Die 5730 hat wirklich ordentliche Leistung, die oben genannten Spiele sollten wirklich in mittlerer Qualität locker laufen. Akku kannst du eh raustun wenn du zuhause spielst, dadurch wird der geschont, Hitzepeobleme hatte ich nie.


----------



## eagle1989 (14. Februar 2011)

Warte auf den für 599 EUro: (kommt wohl im März / neues Modell)
Acer Aspire 5742G-464G50Mnkk W7HP64 - Notebooks - CHIP Shop


oder wenn du nicht warten kannst kauf dir den:
Acer Aspire 5742G-464G75Mnkk 39,6 cm Notebook schwarz: Amazon.de: Computer & Zubehör

Der hat sogar 250 G mehr, aber 60 Euro mehr lohnt halt eigentlich nicht... deshalb würde ich warten auf den oberen.

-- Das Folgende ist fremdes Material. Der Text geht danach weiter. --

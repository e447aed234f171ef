-- ===== src/Ecommerce/Catalogue/Listing.antt =====
-- `list_products` of Eve/ecommerce/services/catalogue.py: the whole catalogue, fresh, refreshed or stale.
use django_app_eve.Prelude.{
  Option, none, some, Bool, true, false, List, [], ◌∷◌, All, All-map, All-mono, All-select, select,
  map,
}
use django_app_eve.Core.Cache.{Reply, ok}
use django_app_eve.Core.Lease.{wait_for_value}
use django_app_eve.Ecommerce.Catalogue.{UrlParse, Product, is_valid_product, sanitize_product}
use django_app_eve.Ecommerce.Catalogue.Safe.{IsClean, sanitize_product-IsClean}

-- What a run meets: the fresh copies, the lease (`none` is CacheLeaseUnavailable), Saleor's answer
-- (`none` is SaleorAPIError), the reads of the polls, and the stale copies.
pub record ListSources : Type 0 where
  pub fresh : Reply (List Product)
  pub lease : Option Bool
  pub upstream : Option (List Product)
  pub polled : List (Reply (List Product))
  pub stale : Reply (List Product)

-- The products, whether the live catalogue could not be reached, and what was written to the cache.
pub record ListRun : Type 0 where
  pub products : List Product
  pub is_unavailable : Bool
  pub stored : List Product

-- `_fresh_products` and `_stale_products`
unfoldable pub or_empty : Reply (List Product) → List Product
or_empty (ok l) = l
or_empty _ = []

-- The valid ones, sanitized.
unfoldable pub clean : UrlParse → List Product → List Product
clean parse l = map (sanitize_product parse) (select is_valid_product l)

-- `_fresh_products(…) or None`
unfoldable pub non_empty : List Product → Option (List Product)
non_empty [] = none
non_empty (p ∷ l) = some (p ∷ l)

abbrev pub poll : Reply (List Product) → Option (List Product)
poll r = non_empty (or_empty r)

abbrev pub or_stale : Option (List Product) → List Product → List Product
or_stale none stale = stale
or_stale (some l) stale = l

unfoldable pub serve_stale : UrlParse → ListSources → ListRun
unfolding clean
serve_stale parse src = record {
  products = clean parse (or_empty src.stale);
  is_unavailable = true;
  stored = [];
}

unfoldable pub serve_fetched : UrlParse → ListSources → Option (List Product) → ListRun
unfolding serve_stale
serve_fetched parse src none = serve_stale parse src
serve_fetched parse src (some l) = record {
  products = clean parse l;
  is_unavailable = false;
  stored = clean parse l;
}

unfoldable pub refresh_list : UrlParse → ListSources → Option Bool → ListRun
unfolding serve_fetched
refresh_list parse src none = serve_stale parse src
refresh_list parse src (some true) = serve_fetched parse src src.upstream
refresh_list parse src (some false) = record {
  products = clean parse (or_stale (wait_for_value (map poll src.polled)) (or_empty src.stale));
  is_unavailable = false;
  stored = [];
}

-- With no valid fresh copy, the catalogue is refreshed.
unfoldable pub serve : UrlParse → ListSources → List Product → ListRun
unfolding refresh_list
serve parse src [] = refresh_list parse src src.lease
serve parse src (p ∷ l) = record { products = p ∷ l; is_unavailable = false; stored = [] }

unfoldable pub list_products : UrlParse → ListSources → ListRun
unfolding serve
list_products parse src = serve parse src (clean parse (or_empty src.fresh))

module _ (parse : UrlParse) where
  pub record IsCleanList (r : ListRun) : Type 0 where
    pub products : All (IsClean parse) r.products
    pub stored : All (IsClean parse) r.stored

  clean-AllClean : (l : List Product) → All (IsClean parse) (clean parse l)
  unfolding clean
  clean-AllClean l = All-map _ _ _ (
      All-mono _ _ _ (λ p h. sanitize_product-IsClean parse p h.1)
        (All-select (λ p. Unit {0}) is_valid_product l (everything l)))
    where
      everything : (k : List Product) → All (λ p. Unit {0}) k
      everything [] = tt
      everything (p ∷ k) = (tt, everything k)

  serve_stale-IsCleanList : (src : ListSources) → IsCleanList (serve_stale parse src)
  unfolding serve_stale
  serve_stale-IsCleanList src = record { products = clean-AllClean _; stored = tt }

  serve_fetched-IsCleanList :
      (src : ListSources) (o : Option (List Product)) → IsCleanList (serve_fetched parse src o)
  unfolding serve_fetched
  serve_fetched-IsCleanList src none = serve_stale-IsCleanList src
  serve_fetched-IsCleanList src (some l) = record {
    products = clean-AllClean l;
    stored = clean-AllClean l;
  }

  refresh_list-IsCleanList :
      (src : ListSources) (l : Option Bool) → IsCleanList (refresh_list parse src l)
  unfolding refresh_list
  refresh_list-IsCleanList src none = serve_stale-IsCleanList src
  refresh_list-IsCleanList src (some true) = serve_fetched-IsCleanList src src.upstream
  refresh_list-IsCleanList src (some false) = record { products = clean-AllClean _; stored = tt }

  serve-IsCleanList :
      (src : ListSources) (l : List Product)
      → All (IsClean parse) l
      → IsCleanList (serve parse src l)
  unfolding serve
  serve-IsCleanList src [] h = refresh_list-IsCleanList src src.lease
  serve-IsCleanList src (p ∷ l) h = record { products = h; stored = tt }

  -- Every product that `list_products` shows or writes to the cache, wherever it comes from, has an
  -- id, a name and a slug, and every URL left in it is http or https with a host.
  pub list_products-IsCleanList : (src : ListSources) → IsCleanList (list_products parse src)
  unfolding list_products
  list_products-IsCleanList src = serve-IsCleanList src _ (clean-AllClean (or_empty src.fresh))
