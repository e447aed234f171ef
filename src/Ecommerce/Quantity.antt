-- ===== src/Ecommerce/Quantity.antt =====
-- `_parse_quantity` of Eve/ecommerce/views.py, over Python's `int` of a text. The value of a decimal
-- digit, which Unicode's tables give, is an argument.
use Prim.Native.Char.{Char, code}
use django_app_eve.Prelude.{
  ℕ, ◌+◌, ◌-◌, ◌*◌, ◌≤◌, ◌≡◌, refl, String, Option, none, some, Bool, true, false, not, ◌&&◌, leb,
  ◌==◌, strip, if◌then◌else◌, arith,
}
use django_app_eve.Ecommerce.Cart.{max_request_quantity}

-- An integer by its sign and its size.
pub record Integer : Type 0 where
  pub is_negative : Bool
  pub size : ℕ

module _ (decimal : Char → Option ℕ) where
  -- Digits, with single underscores between them; `after_digit` tells what stood before.
  unfoldable pub digits_from : Bool → ℕ → String → Option ℕ
  digits_from after_digit n String.[] = if after_digit then some n else none
  digits_from after_digit n (String.◌∷◌ c rest) = elim (decimal c) [
    | some v ↦ digits_from true (n * 10 + v) rest
    | none ↦
        let more = digits_from false n rest in if after_digit && code c == b'_' then more else none
  ]

  abbrev signed : Bool → Option ℕ → Option Integer
  signed is_negative none = none
  signed is_negative (some n) = some (record { is_negative = is_negative; size = n })

  unfoldable pub after_sign : String → Option Integer
  unfolding digits_from
  after_sign String.[] = none
  after_sign (String.◌∷◌ c rest) =
      if code c == b'-'
      then signed true (digits_from false 0 rest)
      else if code c == b'+'
      then signed false (digits_from false 0 rest)
      else signed false (digits_from false 0 (String.◌∷◌ c rest))

  -- `int(raw)`; `none` is ValueError.
  unfoldable pub int : String → Option Integer
  unfolding after_sign
  int raw = after_sign (strip raw)

  -- The range check. `-n` for an `n` from 1 on is below 1.
  unfoldable pub in_request_range : Option Integer → Option ℕ
  in_request_range none = none
  in_request_range (some i) =
      if not i.is_negative && (leb 1 i.size && leb i.size max_request_quantity)
      then some i.size
      else none

  -- `_parse_quantity`, of `request.POST.get("quantity", 1)`.
  unfoldable pub parse_quantity : Option String → Option ℕ
  unfolding int in_request_range
  parse_quantity none = in_request_range (some (record { is_negative = false; size = 1 }))
  parse_quantity (some raw) = in_request_range (int raw)

  in_request_range_bounds :
      (i : Option Integer) (n : ℕ)
      → in_request_range i ≡ some n
      → (1 ≤ n) × (n ≤ max_request_quantity)
  unfolding in_request_range
  in_request_range_bounds none n h = cc
  in_request_range_bounds (some i) n h = ground arith

  pub parse_quantity_bounds :
      (raw : Option String) (n : ℕ)
      → parse_quantity raw ≡ some n
      → (1 ≤ n) × (n ≤ max_request_quantity)
  unfolding parse_quantity
  parse_quantity_bounds none n h =
      in_request_range_bounds (some (record { is_negative = false; size = 1 })) n h
  parse_quantity_bounds (some raw) n h = in_request_range_bounds (int raw) n h

abbrev ascii : Char → Option ℕ
ascii c = let n = code c in if leb b'0' n && leb n b'9' then some (n - b'0') else none

reads : parse_quantity ascii (some " +1_2 ") ≡ some 12
unfolding parse_quantity strip
reads = refl

refuses : parse_quantity ascii (some "21") ≡ none
unfolding parse_quantity strip
refuses = refl

refuses_letters : parse_quantity ascii (some "1__2") ≡ none
unfolding parse_quantity strip
refuses_letters = refl
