-- ===== src/Ecommerce/Storefront.antt =====
-- Eve/ecommerce/views.py: the pages of the catalogue and of the cart. A request arrives with what
-- `get_product` meets (Ecommerce/Catalogue); `read` gives the fields of a product document that the
-- cart reads. Amounts of money are floats, so they are a parameter.
use Prim.Native.Char.{Char}
use django_app_eve.Prelude.{
  ℕ, String, Option, none, some, Bool, true, false, List, [], ◌∷◌, str_eq, if◌then◌else◌,
}
use django_app_eve.Ecommerce.Cart.{
  LineItem, Cart, Product, get_cart, AddResult, added, cart_full, add_to_cart, remove_from_cart,
}
use django_app_eve.Ecommerce.Catalogue
use django_app_eve.Ecommerce.Catalogue.{
  UrlParse, no_media, Sources, Result, found, not_found, unavailable, get_product,
}
use django_app_eve.Ecommerce.Catalogue.Listing.{ListSources, list_products}
use django_app_eve.Ecommerce.Quantity.{parse_quantity}

-- Python's floats, as far as the totals use them: `float` of a stored amount (`none` is ValueError or
-- TypeError), 0, the sum, the product with a quantity, and `round(…, 2)`.
pub record Money : Type 1 where
  pub Amount : Type 0
  pub zero_amount : Amount
  pub float : String → Option Amount
  pub plus : Amount → Amount → Amount
  pub times : Amount → ℕ → Amount
  pub round : Amount → Amount

-- The catalogue around the views: the parser of URLs, and the reading of a document.
pub record Shelf : Type 0 where
  pub parse : UrlParse
  pub read : Catalogue.Product → Product
  pub decimal : Char → Option ℕ

unfoldable pub fallback_product : String → String → String → String → Catalogue.Product
fallback_product id name slug image = record {
  id = some id;
  name = some name;
  slug = some slug;
  thumbnail = some (some image);
  media = no_media;
}

-- FALLBACK_PRODUCTS
unfoldable pub fallback_products : List Catalogue.Product
unfolding fallback_product
fallback_products =
    fallback_product "1" "Eve Horizon – Nature Escape" "eve-horizon-nature-escape"
      "https://via.placeholder.com/300x200?text=Nature"
    ∷ fallback_product "2" "Eve Home – Family Moments" "eve-home-family-moments"
        "https://via.placeholder.com/300x200?text=Home"
    ∷ []

-- The context of the page: the products, and whether the catalogue is unavailable.
abbrev pub or_fallback : List Catalogue.Product → Bool → List Catalogue.Product
or_fallback [] true = fallback_products
or_fallback products is_unavailable = products

unfoldable pub product_catalogue_view : UrlParse → ListSources → List Catalogue.Product × Bool
product_catalogue_view parse src =
    let run = list_products parse src in
    (or_fallback run.products run.is_unavailable, run.is_unavailable)

-- `_get_product_or_404`; `none` is Http404.
unfoldable pub product_of : Result → Option Catalogue.Product
product_of (found p) = some p
product_of not_found = none
product_of unavailable = none

unfoldable pub get_product_or_404 : UrlParse → Sources → Option Catalogue.Product
unfolding product_of
get_product_or_404 parse src = product_of (get_product parse src).result

pub data Page (A : Type 0) : Type 0 where
  bad_request : Page A
  page_not_found : Page A
  product_page : Catalogue.Product → Page A
  to_cart : (is_full : Bool) → Page A
  cart_page : List LineItem → A → Option String → Page A

module _ (money : Money) where
  open money use {Amount, zero_amount, float, plus, times}

  -- The loop of `cart_view`: an item whose amount is malformed is skipped.
  unfoldable pub add_line :
      LineItem → Option Amount → Amount × Option String → Amount × Option String
  add_line item none (total, currency) = (total, currency)
  add_line item (some amount) (total, currency) = (
    plus total (times amount item.quantity),
    if str_eq item.price_currency "" then currency else some item.price_currency,
  )

  unfoldable pub total_from : List LineItem → Amount × Option String → Amount × Option String
  unfolding add_line
  total_from [] acc = acc
  total_from (item ∷ rest) acc = total_from rest (add_line item (float item.price_amount) acc)

  unfoldable pub cart_view : ℕ → ℕ → List Cart → Page Amount × List Cart
  unfolding total_from
  cart_view now user carts =
      let (cart, carts') = get_cart now user carts in
      let (total, currency) = total_from cart.items (zero_amount, none) in
      (cart_page cart.items total currency, carts')

  unfoldable pub product_detail_view : Shelf → Sources → Page Amount
  product_detail_view shelf src = elim (get_product_or_404 shelf.parse src) [
    | none ↦ page_not_found
    | some p ↦ product_page p
  ]

  unfoldable pub after_add : AddResult → Page Amount × List Cart
  after_add (added carts) = (to_cart false, carts)
  after_add (cart_full carts) = (to_cart true, carts)

  unfoldable pub add_product :
      Shelf → ℕ → ℕ → ℕ → Option Catalogue.Product → List Cart → Page Amount × List Cart
  unfolding after_add
  add_product shelf now user n none carts = (page_not_found, carts)
  add_product shelf now user n (some p) carts =
      after_add (add_to_cart now user (shelf.read p) n carts)

  unfoldable pub add_quantity :
      Shelf → ℕ → ℕ → Sources → Option ℕ → List Cart → Page Amount × List Cart
  unfolding add_product
  add_quantity shelf now user src none carts = (bad_request, carts)
  add_quantity shelf now user src (some n) carts =
      add_product shelf now user n (get_product_or_404 shelf.parse src) carts

  unfoldable pub add_to_cart_view :
      Shelf → ℕ → ℕ → Option String → Sources → List Cart → Page Amount × List Cart
  unfolding add_quantity
  add_to_cart_view shelf now user quantity src carts =
      add_quantity shelf now user src (parse_quantity shelf.decimal quantity) carts

  unfoldable pub remove_from_cart_view : ℕ → ℕ → String → List Cart → Page Amount × List Cart
  remove_from_cart_view now user product_id carts =
      (to_cart false, remove_from_cart now user product_id carts)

kostet zwar 100 Euro bzw 160 Euro mehr als dein Budget aber es lohnt sich!

Das sind 2 echt gute Hyperkisten für den Preis, wo du normalerweiße locker 800-900 Euro investieren müsstest. Die Graka reicht locker für alle genannten Spiele aus und der Prozessor ist sehr schnell. Nachteile sind kein USB3 und kein Bluerayplayer, das wirst du aber in deinem Preissegment nie finden.

DIe Leute die meinen Notebooks sind nicht für Zocker geeignet, sind Leute die meinten mit einer Aldikiste zocken zu können.

Man kann mit dem Notebook schön gechillt auf der Coach zocken mit externen Maus. Im Bett surfen und bissi facebooken , youtuben und co und für richtiges zocken geht man an den Schreibtisch wo noch ein schöner Monitor bereitsteht und man ihn an seine Gamingstation anschließt. Wenn man ihn mittnehmen will zu Freunden / Freundin kein  Problem.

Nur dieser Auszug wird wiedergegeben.